TASK STATEMENT
Only the lines below starting at the one that contains "go [] e = rw" and ending at the one that contains "subst (IsSingle false)" are to be reproduced, exactly and with both ends kept.

(Records drawn from a dataset)

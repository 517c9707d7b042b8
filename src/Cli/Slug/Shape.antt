-- ===== src/Cli/Slug/Shape.antt =====
-- What a slug looks like, and that slugs are the names that sanitizing leaves alone.
use job_squire.Base.{
  ℕ, Bool, true, false, ◌&&◌, ◌≡◌, refl, sym, inl, inr, some, List, [], ◌∷◌, Text, nonempty, strip,
  lower, lstrip_chars, rstrip_chars, strip_chars, ◌==◌, nat_eq, if◌then◌else◌, Bool-cases,
}
use mathlib.Core.Path.{subst}
use mathlib.Core.Option.{some-injective}
use job_squire.Cli.Slug.{
  hyphen, is_slug_char, gaps_to_hyphens, drop_invalid, collapse, clean, sanitize_slug,
}

-- Only characters of slugs.
abbrev pub IsClean : Text → Type 0
IsClean [] = Unit
IsClean (c ∷ s) = (is_slug_char c ≡ true) × IsClean s

-- No two hyphens in a row, and none first if the flag is set.
abbrev pub IsSingle : Bool → Text → Type 0
IsSingle after [] = Unit
IsSingle true (c ∷ s) = ((c == hyphen) ≡ false) × IsSingle false s
IsSingle false (c ∷ s) = IsSingle (c == hyphen) s

-- The last character is no hyphen.
abbrev pub EndsWell : Text → Type 0
EndsWell [] = Unit
EndsWell (c ∷ []) = (c == hyphen) ≡ false
EndsWell (c ∷ d ∷ s) = EndsWell (d ∷ s)

-- A slug: some letters, digits and single hyphens, with no hyphen at either end.
pub record IsSlug (s : Text) : Type 0 where
  pub some_char : nonempty s ≡ true
  pub chars : IsClean s
  pub inner : IsSingle true s
  pub last : EndsWell s

drop_invalid-IsClean : (s : Text) → IsClean (drop_invalid s)
unfolding drop_invalid
drop_invalid-IsClean [] = tt
drop_invalid-IsClean (c ∷ s) = elim (Bool-cases (is_slug_char c)) [
  | inl h ↦ rw h (h, drop_invalid-IsClean s)
  | inr h ↦ rw h (drop_invalid-IsClean s)
]

collapse-IsClean : (b : Bool) (s : Text) → IsClean s → IsClean (collapse b s)
unfolding collapse
collapse-IsClean true [] h = tt
collapse-IsClean false [] h = tt
collapse-IsClean true (c ∷ s) h = elim (Bool-cases (c == hyphen)) [
  | inl e ↦ rw (e, collapse) (collapse-IsClean true s h.1)
  | inr e ↦ rw (e, collapse) (h.0, collapse-IsClean false s h.1)
]
collapse-IsClean false (c ∷ s) h = elim (Bool-cases (c == hyphen)) [
  | inl e ↦ rw (e, collapse) (h.0, collapse-IsClean true s h.1)
  | inr e ↦ rw (e, collapse) (h.0, collapse-IsClean false s h.1)
]

collapse-IsSingle : (b : Bool) (s : Text) → IsSingle b (collapse b s)
unfolding collapse
collapse-IsSingle true [] = tt
collapse-IsSingle false [] = tt
collapse-IsSingle true (c ∷ s) = elim (Bool-cases (c == hyphen)) [
  | inl e ↦ rw (e, collapse) (collapse-IsSingle true s)
  | inr e ↦ rw (e, collapse) (e, collapse-IsSingle false s)
]
collapse-IsSingle false (c ∷ s) = elim (Bool-cases (c == hyphen)) [
  | inl e ↦ rw (e, collapse) (rw e (collapse-IsSingle true s))
  | inr e ↦ rw (e, collapse) (rw e (collapse-IsSingle false s))
]

abbrev pub hyphens : List ℕ
hyphens = hyphen ∷ []

lstrip-IsClean : (s : Text) → IsClean s → IsClean (lstrip_chars hyphens s)
unfolding lstrip_chars
lstrip-IsClean [] h = tt
lstrip-IsClean (c ∷ s) h = elim (Bool-cases (c == hyphen)) [
  | inl e ↦ rw e (lstrip-IsClean s h.1)
  | inr e ↦ rw e h
]

pub IsSingle-weaken : (s : Text) → IsSingle true s → IsSingle false s
IsSingle-weaken [] h = tt
IsSingle-weaken (c ∷ s) h = rw h.0 h.1

lstrip-IsSingle : (s : Text) → IsSingle false s → IsSingle true (lstrip_chars hyphens s)
unfolding lstrip_chars
lstrip-IsSingle [] h = tt
lstrip-IsSingle (c ∷ s) h = elim (Bool-cases (c == hyphen)) [
  | inl e ↦ rw e (lstrip-IsSingle s (IsSingle-weaken s (rw e at h)))
  | inr e ↦ rw e (e, rw e at h)
]

-- What the right end of `c ∷ s` is stripped to, by what `s` is.
unfoldable pub rstrip_step : ℕ → Text → Text
rstrip_step c rest =
    if (c == hyphen) && (if nonempty rest then false else true) then [] else c ∷ rest

rstrip_step-IsClean :
    (c : ℕ) (r : Text) → is_slug_char c ≡ true → IsClean r → IsClean (rstrip_step c r)
unfolding rstrip_step
rstrip_step-IsClean c [] h k = elim (Bool-cases (c == hyphen)) [
  | inl e ↦ rw e tt
  | inr e ↦ rw e (h, tt)
]
rstrip_step-IsClean c (d ∷ r) h k = elim (Bool-cases (c == hyphen)) [
  | inl e ↦ rw e (h, k)
  | inr e ↦ rw e (h, k)
]

rstrip_step-EndsWell : (c : ℕ) (r : Text) → EndsWell r → EndsWell (rstrip_step c r)
unfolding rstrip_step
rstrip_step-EndsWell c [] k = elim (Bool-cases (c == hyphen)) [ inl e ↦ rw e tt | inr e ↦ rw e e ]
rstrip_step-EndsWell c (d ∷ r) k = elim (Bool-cases (c == hyphen)) [
  | inl e ↦ rw e k
  | inr e ↦ rw e k
]

pub rstrip-cons :
    (c : ℕ) (s : Text) → rstrip_chars hyphens (c ∷ s) ≡ rstrip_step c (rstrip_chars hyphens s)
unfolding rstrip_chars rstrip_step
rstrip-cons c s = go (rstrip_chars hyphens s) refl
  where
    go :
        (r : Text)
        → rstrip_chars hyphens s ≡ r
        → rstrip_chars hyphens (c ∷ s) ≡ rstrip_step c (rstrip_chars hyphens s)
    go [] e = rw (e, rstrip_chars) (elim (Bool-cases (c == hyphen)) [ inl g ↦ rw g | inr g ↦ rw g ])
    go (d ∷ r) e =
        rw (e, rstrip_chars) (elim (Bool-cases (c == hyphen)) [ inl g ↦ rw g | inr g ↦ rw g ])

rstrip-IsClean : (s : Text) → IsClean s → IsClean (rstrip_chars hyphens s)
unfolding rstrip_chars
rstrip-IsClean [] h = tt
rstrip-IsClean (c ∷ s) h =
    subst IsClean (sym (rstrip-cons c s))
      (rstrip_step-IsClean c (rstrip_chars hyphens s) h.0 (rstrip-IsClean s h.1))

rstrip-EndsWell : (s : Text) → EndsWell (rstrip_chars hyphens s)
unfolding rstrip_chars
rstrip-EndsWell [] = tt
rstrip-EndsWell (c ∷ s) =
    subst EndsWell (sym (rstrip-cons c s))
      (rstrip_step-EndsWell c (rstrip_chars hyphens s) (rstrip-EndsWell s))

IsSingle-nil : (b : Bool) → IsSingle b []
IsSingle-nil true = tt
IsSingle-nil false = tt

rstrip_step-IsSingle :
    (b : Bool) (c : ℕ) (r : Text) → IsSingle b (c ∷ r) → IsSingle b (rstrip_step c r)
unfolding rstrip_step
rstrip_step-IsSingle b c [] h = elim (Bool-cases (c == hyphen)) [
  | inl e ↦ rw e (IsSingle-nil b)
  | inr e ↦ rw e h
]
rstrip_step-IsSingle b c (d ∷ r) h = elim (Bool-cases (c == hyphen)) [
  | inl e ↦ rw e h
  | inr e ↦ rw e h
]

rstrip-IsSingle : (b : Bool) (s : Text) → IsSingle b s → IsSingle b (rstrip_chars hyphens s)
unfolding rstrip_chars
rstrip-IsSingle true [] h = tt
rstrip-IsSingle false [] h = tt
rstrip-IsSingle true (c ∷ s) h =
    subst (IsSingle true) (sym (rstrip-cons c s))
      (rstrip_step-IsSingle true c (rstrip_chars hyphens s) (h.0, rstrip-IsSingle false s h.1))
rstrip-IsSingle false (c ∷ s) h =
    subst (IsSingle false) (sym (rstrip-cons c s))
      (rstrip_step-IsSingle false c (rstrip_chars hyphens s) (rstrip-IsSingle (c == hyphen) s h))

clean-IsSlug : (s : Text) → nonempty (clean s) ≡ true → IsSlug (clean s)
unfolding clean strip_chars
clean-IsSlug s h =
    let t = collapse false (drop_invalid s) in
    let stripped = lstrip_chars hyphens t in
    record {
      some_char = h;
      chars =
          rstrip-IsClean stripped
            (lstrip-IsClean t (collapse-IsClean false (drop_invalid s) (drop_invalid-IsClean s)));
      inner =
          rstrip-IsSingle true stripped
            (lstrip-IsSingle t (collapse-IsSingle false (drop_invalid s)));
      last = rstrip-EndsWell stripped;
    }

-- Whatever text a name is made of, if it has a slug, then the slug is not empty, consists of lower case
-- letters, digits and hyphens, has no two hyphens in a row, and neither begins nor ends with one.
pub sanitize_slug-IsSlug : (raw slug : Text) → sanitize_slug raw ≡ some slug → IsSlug slug
unfolding sanitize_slug
sanitize_slug-IsSlug raw slug e =
    let s = gaps_to_hyphens false (lower (strip raw)) in
    elim (Bool-cases (nonempty (clean s))) [
      | inl h ↦
          subst IsSlug (some-injective (clean s) slug (rw (h, sanitize_slug) at e))
            (clean-IsSlug s h)
      | inr h ↦ absurd (cc (rw (h, sanitize_slug) at e))
    ]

SOLVED EXERCISE
    go [] e = rw (e, rstrip_chars) (elim (Bool-cases (c == hyphen)) [ inl g ↦ rw g | inr g ↦ rw g ])
    go (d ∷ r) e =
        rw (e, rstrip_chars) (elim (Bool-cases (c == hyphen)) [ inl g ↦ rw g | inr g ↦ rw g ])

rstrip-IsClean : (s : Text) → IsClean s → IsClean (rstrip_chars hyphens s)
unfolding rstrip_chars
rstrip-IsClean [] h = tt
rstrip-IsClean (c ∷ s) h =
    subst IsClean (sym (rstrip-cons c s))
      (rstrip_step-IsClean c (rstrip_chars hyphens s) h.0 (rstrip-IsClean s h.1))

rstrip-EndsWell : (s : Text) → EndsWell (rstrip_chars hyphens s)
unfolding rstrip_chars
rstrip-EndsWell [] = tt
rstrip-EndsWell (c ∷ s) =
    subst EndsWell (sym (rstrip-cons c s))
      (rstrip_step-EndsWell c (rstrip_chars hyphens s) (rstrip-EndsWell s))

IsSingle-nil : (b : Bool) → IsSingle b []
IsSingle-nil true = tt
IsSingle-nil false = tt

rstrip_step-IsSingle :
    (b : Bool) (c : ℕ) (r : Text) → IsSingle b (c ∷ r) → IsSingle b (rstrip_step c r)
unfolding rstrip_step
rstrip_step-IsSingle b c [] h = elim (Bool-cases (c == hyphen)) [
  | inl e ↦ rw e (IsSingle-nil b)
  | inr e ↦ rw e h
]
rstrip_step-IsSingle b c (d ∷ r) h = elim (Bool-cases (c == hyphen)) [
  | inl e ↦ rw e h
  | inr e ↦ rw e h
]

rstrip-IsSingle : (b : Bool) (s : Text) → IsSingle b s → IsSingle b (rstrip_chars hyphens s)
unfolding rstrip_chars
rstrip-IsSingle true [] h = tt
rstrip-IsSingle false [] h = tt
rstrip-IsSingle true (c ∷ s) h =
    subst (IsSingle true) (sym (rstrip-cons c s))
      (rstrip_step-IsSingle true c (rstrip_chars hyphens s) (h.0, rstrip-IsSingle false s h.1))
rstrip-IsSingle false (c ∷ s) h =
    subst (IsSingle false) (sym (rstrip-cons c s))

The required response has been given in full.